Acajack is this what you meant by English-tinged?

Ça a l’air très très très différent du vieux accent québécois. (Je suis désolé aux usagers Franco-ontariens ici, mais) ça sonne vraiment anglicisé.
I've always found Amanda Simard's French to be very slightly English-tinged, especially for someone from Prescott-Russell where the Franco-Ontarian accent is closest to that of Quebec.

That said, she does have a few old French Canadian pronunciations, that people of her social standing in Quebec wouldn't use.

I quickly picked up on the way she says "Sénat". She says "say-nuhhh", whereas contemporary Quebecers (especially if they are lawyers or politicians like her, would say "say-nah".

Same goes with "Canada". The way she says the "da" at the end is not really the way people of her social class would say it in Quebec these days. The way she places accents on the syllables is also slightly different.

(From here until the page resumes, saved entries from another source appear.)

-- ===== src/Line/Bracketed.antt =====
-- The last column of the ESP32-CSI-Tool line: the samples in brackets.
use esp_csi_rs.Base.{
  ℕ, ◌+◌, ◌*◌, ◌≤◌, ◌≡◌, ◌⊎◌, inr, refl, ap, List, [], ◌∷◌, ◌++◌, length, length-append, All,
  All-append, arith,
}
use esp_csi_rs.Base.Text.{read_decimal}
use esp_csi_rs.Base.Int.{IsI8, ℤ}
use esp_csi_rs.Decimal.{i8_digits, short_digits}
use esp_csi_rs.Decimal.Digits.{IsDigit, read_signed}
use esp_csi_rs.Line.Array.{i8_digits-short}
use esp_csi_rs.Line.Split.{NoComma}

-- The samples, each with a space behind it.
abbrev pub spaced : List ℤ → List ℕ
spaced [] = []
spaced (v ∷ vs) = i8_digits v ++ (b' ' ∷ spaced vs)

-- Column 26, with the end of the line.
abbrev pub sample_column : List ℤ → List ℕ
sample_column vs = b'[' ∷ (spaced vs ++ (b']' ∷ 10 ∷ []))

-- The same column from the texts of the samples.
abbrev pub spaced_texts : List (List ℕ) → List ℕ
spaced_texts [] = []
spaced_texts (s ∷ ss) = s ++ (b' ' ∷ spaced_texts ss)

abbrev pub bracketed : List (List ℕ) → List ℕ
bracketed texts = b'[' ∷ (spaced_texts texts ++ (b']' ∷ 10 ∷ []))

-- Each text is that of its sample: it has a digit or a sign and digits, and reads back.
abbrev pub ReadBack : List ℤ → List (List ℕ) → Type 0
ReadBack [] [] = Unit {0}
ReadBack (v ∷ vs) (s ∷ ss) =
    (read_signed s ≡ v) × All (λ c. IsDigit c ⊎ (c ≡ b'-')) s × (1 ≤ length s) × ReadBack vs ss
ReadBack _ _ = ⊥

short_digits_reads :
    (n : ℕ)
    → n ≤ 128
    → (read_decimal (short_digits n) ≡ n)
      × (read_signed (short_digits n) ≡ ℤ.pos n)
      × All (λ c. IsDigit c ⊎ (c ≡ b'-')) (short_digits n)
      × (1 ≤ length (short_digits n))
short_digits_reads n h = ground arith

i8_digits_reads :
    (v : ℤ)
    → IsI8 v
    → (read_signed (i8_digits v) ≡ v)
      × All (λ c. IsDigit c ⊎ (c ≡ b'-')) (i8_digits v)
      × (1 ≤ length (i8_digits v))
i8_digits_reads (ℤ.pos n) h = let r = short_digits_reads n (omega arith) in (r.1, r.2, r.3)
i8_digits_reads (ℤ.negsuc n) h =
    let r = short_digits_reads (n + 1) (omega arith) in
    (ap ℤ.negsuc (omega (arith, r.0)), (inr refl, r.2), omega arith)

spaced_texts_read :
    (vs : List ℤ)
    → All IsI8 vs
    → (texts : List (List ℕ)) × (spaced vs ≡ spaced_texts texts) × ReadBack vs texts
spaced_texts_read [] h = ([], refl, tt)
spaced_texts_read (v ∷ vs) h =
    let (texts, e, back) = spaced_texts_read vs h.1 in
    let (reads, digits, some_digit) = i8_digits_reads v h.0 in
    (i8_digits v ∷ texts, ap (λ s. i8_digits v ++ (b' ' ∷ s)) e, (reads, digits, some_digit, back))

pub sample_texts_read :
    (vs : List ℤ)
    → All IsI8 vs
    → (texts : List (List ℕ)) × (sample_column vs ≡ bracketed texts) × ReadBack vs texts
sample_texts_read vs h =
    let (texts, e, back) = spaced_texts_read vs h in
    (texts, ap (λ s. b'[' ∷ (s ++ (b']' ∷ 10 ∷ []))) e, back)

short_digits-NoComma : (n : ℕ) → NoComma (short_digits n)
short_digits-NoComma n = ground arith

i8_digits-NoComma : (z : ℤ) → NoComma (i8_digits z)
i8_digits-NoComma (ℤ.pos n) = short_digits-NoComma n
i8_digits-NoComma (ℤ.negsuc n) = (omega arith, short_digits-NoComma (n + 1))

pub spaced-NoComma : (vs : List ℤ) → NoComma (spaced vs)
spaced-NoComma [] = tt
spaced-NoComma (v ∷ vs) =
    All-append _ (i8_digits v) (b' ' ∷ spaced vs) (i8_digits-NoComma v)
      (omega arith, spaced-NoComma vs)

pub spaced-short : (vs : List ℤ) → length (spaced vs) ≤ length vs * 5
spaced-short [] = omega arith
spaced-short (v ∷ vs) =
    omega
      (arith, length-append (i8_digits v) (b' ' ∷ spaced vs), i8_digits-short v, spaced-short vs)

I also noticed that the interviewer, Nadia Campbell, speaks with an accent that's closer to the Quebec accent. According to her Facebook, she is from the Ottawa suburb of Orleans. In theory as someone from there she'd have a more English-tinged accent than Amanda Simard who is from a much more predominantly francophone town (Embrun).

But Franco-Ontarians who work in the media tend to work in French all day (contrary to their Franco-Ontarian peers who do other jobs) and are more influenced by Québécois (who are often their colleagues in the media) and as such are pretty unique in that their accent is fairly indistinguishable from the Québécois one - most of the time anyway.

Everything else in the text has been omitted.